From a Place of Love
I am not a doctor – any views expressed here I have researched to the best of my ability but may not reflect your doctors advice or be the right thing for you
My story probably isn’t unfamiliar, I think a lot of people suffer from the idea that because they aren’t skinny they aren’t good enough, and these issues are insidious. A 2011 study said 40-60% of elementary school girls already had body image issues. My body image issues began when I hit puberty, my body changed and I was not happy with it.
By the time I was in University, my quest for a “perfect” body had turned into a cycle of binging and calorie restriction. There were times on this quest when I was nearly happy with my body, I was stronger and faster and fitter and it wasn’t enough. I tried everything under the sun to lose that last imperfect bit of fat, that last imperfect bit of me and in doing so I wrecked havoc on my body and my self confidence.
This year I decided to embark on a wellness journey unlike any I have before, focusing not on weight but on health and unlike before I’m approaching it differently. I’m finally taking my trainer’s words to heart – this can not come from a place of shame, instead, it comes from a place of love.
This is love – love for myself, love for my body – not a punishment for not being perfect. I hope to inspire you to feel the same way about your journey, whatever it may be. I still struggle, the shame is still there sometimes and I still have days I consider a binge, but I am working on it and I hope talking about it openly helps you to recognize the negative self-talk and maybe even some triggers.
Isolation has been particularly hard, while exercise is still possible I find my eating has felt… well off. I know for me, sitting at a desk mid-afternoon is a trigger for snacking, because that’s what I used to do when I was in University. Boredom triggers a similar response, a desire for something, anything to do leads me to the kitchen in search of unhealthy snacks. My wanting, not my hunger is triggered and I often feel guilty for not being able to resist that wanting.
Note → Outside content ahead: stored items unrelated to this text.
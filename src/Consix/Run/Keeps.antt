-- ===== src/Consix/Run/Keeps.antt =====
-- What the calls of the search leave as it was: all fields but the board and the tables of histories.
-- On the board no square gets a stone.
use chess_set.Base.{
  ℕ, Bool, true, false, ◌&&◌, ◌≡◌, refl, sym, ap, ◌∙◌, fun_ext, ◌⊎◌, inl, inr, List, [], ◌∷◌, ◌++◌,
  if◌then◌else◌, Bool-cases, and_split,
}
use chess_set.Base.Int.{ℤ, ◌==ℤ◌, ==ℤ→≡}
use chess_set.Consix.State.{Point, Board, Search, put, empty}
use chess_set.Consix.Move.{put_stone}
use chess_set.Consix.Run.{Run, ◌>>=◌, ◌>>◌, pure, gets, gather, place, with_stone, with_stones}

-- Of two boards: a square that differs is empty on the second, and is one of those that `P` allows.
abbrev pub Emptied : (ℤ → ℤ → Type 0) → Board → Board → Type 0
Emptied P b b' = (x y : ℤ) → (b' x y ≡ b x y) ⊎ ((b' x y ≡ empty) × P x y)

-- All squares are allowed.
abbrev pub Anywhere : ℤ → ℤ → Type 0
Anywhere x y = Unit

-- The squares that are empty on a board.
abbrev pub Free : Board → ℤ → ℤ → Type 0
Free b x y = b x y ≡ empty

module _ (P : ℤ → ℤ → Type 0) where
  pub record Keeps (g g' : Search) : Type 0 where
    pub board : Emptied P g.board g'.board
    pub rest : g' ≡ record g {
      board = g'.board;
      temp_hash_table = g'.temp_hash_table;
      hash_list = g'.hash_list;
    }

  pub Emptied-refl : (b : Board) → Emptied P b b
  Emptied-refl b x y = inl refl

  pub Emptied-trans : (a b c : Board) → Emptied P a b → Emptied P b c → Emptied P a c
  Emptied-trans a b c h k x y = elim (k x y) [
    | inl same ↦ elim (h x y) [ inl e ↦ inl (same ∙ e) | inr e ↦ inr (same ∙ e.0, e.1) ]
    | inr gone ↦ inr gone
  ]

  pub Keeps-refl : (g : Search) → Keeps g g
  Keeps-refl g = record { board = Emptied-refl g.board; rest = refl }

  pub Keeps-trans : (f g h : Search) → Keeps f g → Keeps g h → Keeps f h
  Keeps-trans f g h k l = record {
    board = Emptied-trans f.board g.board h.board k.board l.board;
    rest =
        l.rest
        ∙ ap
            (λ (s : Search). record s {
              board = h.board;
              temp_hash_table = h.temp_hash_table;
              hash_list = h.hash_list;
            })
            k.rest;
  }

  -- The squares that are empty now are allowed.
  abbrev pub Within : Board → Type 0
  Within b = (x y : ℤ) → b x y ≡ empty → P x y

  Keeps-Within : (g h : Search) → Keeps g h → Within g.board → Within h.board
  Keeps-Within g h k w x y e = elim (k.board x y) [
    | inl same ↦ w x y (sym same ∙ e)
    | inr gone ↦ gone.1
  ]

  -- An action that keeps, from whatever state it starts.
  pub record IsSafe {A : Type 0} (m : Run A) : Type 0 where
    pub keeps : (g : Search) → Within g.board → Keeps g (m g).1

  module _ {A : Type 0} where
    pub pure-IsSafe : (a : A) → IsSafe (pure a)
    unfolding pure
    pure-IsSafe a = record { keeps = λ g w. Keeps-refl g }

    pub gets-IsSafe : (f : Search → A) → IsSafe (gets f)
    unfolding gets
    gets-IsSafe f = record { keeps = λ g w. Keeps-refl g }

    pub if-IsSafe : (c : Bool) {m k : Run A} → IsSafe m → IsSafe k → IsSafe (if c then m else k)
    if-IsSafe true h k = h
    if-IsSafe false h k = k

  pub bind-IsSafe :
      {A B : Type 0} {m : Run A} {f : A → Run B}
      → IsSafe m
      → ((a : A) → IsSafe (f a))
      → IsSafe (m >>= f)
  unfolding ◌>>=◌
  bind-IsSafe {A} {B} {m} {f} h k = record {
    keeps = λ g w.
        let one : Keeps g (m g).1 = h.keeps g w in
        Keeps-trans g (m g).1 (f (m g).0 (m g).1).1 one
          ((k (m g).0).keeps (m g).1 (Keeps-Within g (m g).1 one w));
  }

  pub then-IsSafe : {A B : Type 0} {m : Run A} {k : Run B} → IsSafe m → IsSafe k → IsSafe (m >> k)
  unfolding ◌>>◌
  then-IsSafe {A} {B} {m} {k} h l = record {
    keeps = λ g w.
        let one : Keeps g (m g).1 = h.keeps g w in
        Keeps-trans g (m g).1 (k (m g).1).1 one (l.keeps (m g).1 (Keeps-Within g (m g).1 one w));
  }

  pub gather-IsSafe :
      {A B : Type 0} {f : A → Run (List B)} (xs : List A)
      → ((a : A) → IsSafe (f a))
      → IsSafe (gather xs f)
  unfolding gather
  gather-IsSafe [] h = pure-IsSafe []
  gather-IsSafe (x ∷ xs) h =
      bind-IsSafe (h x)
        (λ found. bind-IsSafe (gather-IsSafe xs h) (λ more. pure-IsSafe (found ++ more)))

  -- A point on a square that `P` allows.
  abbrev pub Allowed : Point → Type 0
  Allowed p = P p.x p.y

  allowed_here : (i j x y : ℤ) → (i ==ℤ x && j ==ℤ y) ≡ true → P i j → P x y
  allowed_here i j x y h a =
      let both = and_split (i ==ℤ x) (j ==ℤ y) h in rw (← ==ℤ→≡ i x both.0, ← ==ℤ→≡ j y both.1) a

  pub put-Within : (p : Point) (s : ℕ) (b : Board) → Allowed p → Within b → Within (put b p.x p.y s)
  put-Within p s b a w x y = elim (Bool-cases (p.x ==ℤ x && p.y ==ℤ y)) [
    | inl e ↦ rw e (λ _. allowed_here p.x p.y x y e a)
    | inr e ↦ rw e (w x y)
  ]

  -- A stone that is put, and taken away after the board has changed only by losing stones.
  pub put-Emptied :
      (p : Point) (s : ℕ) (b b' : Board)
      → Allowed p
      → Emptied P (put b p.x p.y s) b'
      → Emptied P b (put b' p.x p.y empty)
  put-Emptied p s b b' a h x y = elim (Bool-cases (p.x ==ℤ x && p.y ==ℤ y)) [
    | inl e ↦ rw e (inr (refl, allowed_here p.x p.y x y e a))
    | inr e ↦ rw e (rw e at (h x y))
  ]

  pub puts-Emptied :
      (p q : Point) (s : ℕ) (b b' : Board)
      → Allowed p
      → Allowed q
      → Emptied P (put (put b p.x p.y s) q.x q.y s) b'
      → Emptied P b (put (put b' p.x p.y empty) q.x q.y empty)
  puts-Emptied p q s b b' a c h x y = elim (Bool-cases (q.x ==ℤ x && q.y ==ℤ y)) [
    | inl e ↦ rw e (inr (refl, allowed_here q.x q.y x y e c))
    | inr e ↦ elim (Bool-cases (p.x ==ℤ x && p.y ==ℤ y)) [
      | inl d ↦ rw (e, d) (inr (refl, allowed_here p.x p.y x y d a))
      | inr d ↦ rw (e, d) (rw (e, d) at (h x y))
    ]
  ]

  module _ {A : Type 0} {look : Run A} (p : Point) (s : ℕ) where
    pub with_stone-IsSafe : Allowed p → IsSafe look → IsSafe (with_stone p s look)
    unfolding with_stone ◌>>=◌ ◌>>◌ place pure
    with_stone-IsSafe a h = record {
      keeps = λ g w.
          let k : Keeps (put_stone g p s) (look (put_stone g p s)).1 =
            h.keeps (put_stone g p s) (put-Within p s g.board a w) in
          record {
            board = put-Emptied p s g.board (look (put_stone g p s)).1.board a k.board;
            rest = ap (λ (t : Search). put_stone t p empty) k.rest;
          };
    }

    pub with_stones-IsSafe :
        (q : Point) → Allowed p → Allowed q → IsSafe look → IsSafe (with_stones p q s look)
    unfolding with_stones ◌>>=◌ ◌>>◌ place pure
    with_stones-IsSafe q a c h = record {
      keeps = λ g w.
          let start : Search = put_stone (put_stone g p s) q s in
          let k : Keeps start (look start).1 =
            h.keeps start (put-Within q s (put g.board p.x p.y s) c (put-Within p s g.board a w)) in
          record {
            board = puts-Emptied p q s g.board (look start).1.board a c k.board;
            rest = ap (λ (t : Search). put_stone (put_stone t p empty) q empty) k.rest;
          };
    }

-- Where only squares that were empty are allowed, the board is as it was.
pub Emptied-eq : (b b' : Board) → Emptied (Free b) b b' → b' ≡ b
Emptied-eq b b' h = fun_ext λ x. fun_ext λ y. elim (h x y) [ inl e ↦ e | inr e ↦ e.0 ∙ sym e.1 ]

-- An action that keeps the squares that are empty gives back the board, the table of lines, the key
-- and all other fields but the tables of histories.
abbrev pub Restores : Search → Search → Type 0
Restores g g' = g' ≡ record g { temp_hash_table = g'.temp_hash_table; hash_list = g'.hash_list }

pub Keeps-Restores : (g g' : Search) → Keeps (Free g.board) g g' → Restores g g'
Keeps-Restores g g' k = k.rest ∙ (λ i. record g {
  board = Emptied-eq g.board g'.board k.board i;
  temp_hash_table = g'.temp_hash_table;
  hash_list = g'.hash_list;
})

pub IsSafe-Restores :
    {A : Type 0} (m : Run A) (g : Search) → IsSafe (Free g.board) m → Restores g (m g).1
IsSafe-Restores m g h = Keeps-Restores g (m g).1 (h.keeps g (λ x y e. e))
It’s a hard distinction to make, wanting disguises itself as hunger to give our body more calories because we’re still not past that evolutionary trigger from way-back-when that says we need to be heavier in case of famine. Recognizing your triggers and your permission thoughts i.e I’ve been eating healthy so who cares if I eat a whole baguette, is crucial to developing a healthier mindset around eating and creating a healthier diet.
I’ll be honest, it’s taken roughly two weeks for me to recognize these triggers and thoughts, or more accurately to admit that they have been happening. Actually admitting it to myself has been far harder than recognizing a pattern I know all too well. So instead of being down on myself – experiencing guilt and shame and then more eating to try and erase how bad I feel – I am being proactive in my approach.
There are two ways I’m doing this, meal prepping and changing my schedule. I always find meal prepping helpful, it keeps me from having to do so much throughout the week in terms of cooking but here I’m using it to replace my usual snacks. My hope is that the availability of healthier snack alternatives that I love (roasted chickpeas, eggplants, root vegetables and apples) will encourage me to snack better if that wanting does arise. I might not always be able to avoid triggers or resist eating, but I can always feel good about the foods I do choose to eat.
Changing my schedule helps by breaking the scenarios in which I am triggered. While my family jokes I am always thinking about food – some situations trigger wanting more. So I change the situation, if I’m out running I can’t be thinking about food, I’m focused on breathing and the feel of concrete beneath my feet and hey – exercise is my happy place now.
These actions are helping me through this difficult period, they might help you too – but it’s not always possible to do it alone. Loving myself this way – what I thought I had been doing when I punished my body for not being perfect – took a long time and professional help. If you are struggling with an eating disorder I encourage you to reach out to someone. There is no shame in needing help, and there are a ton of great resources available including the National Eating Disorder Information Centre in Canada who has a toll free number available through their website.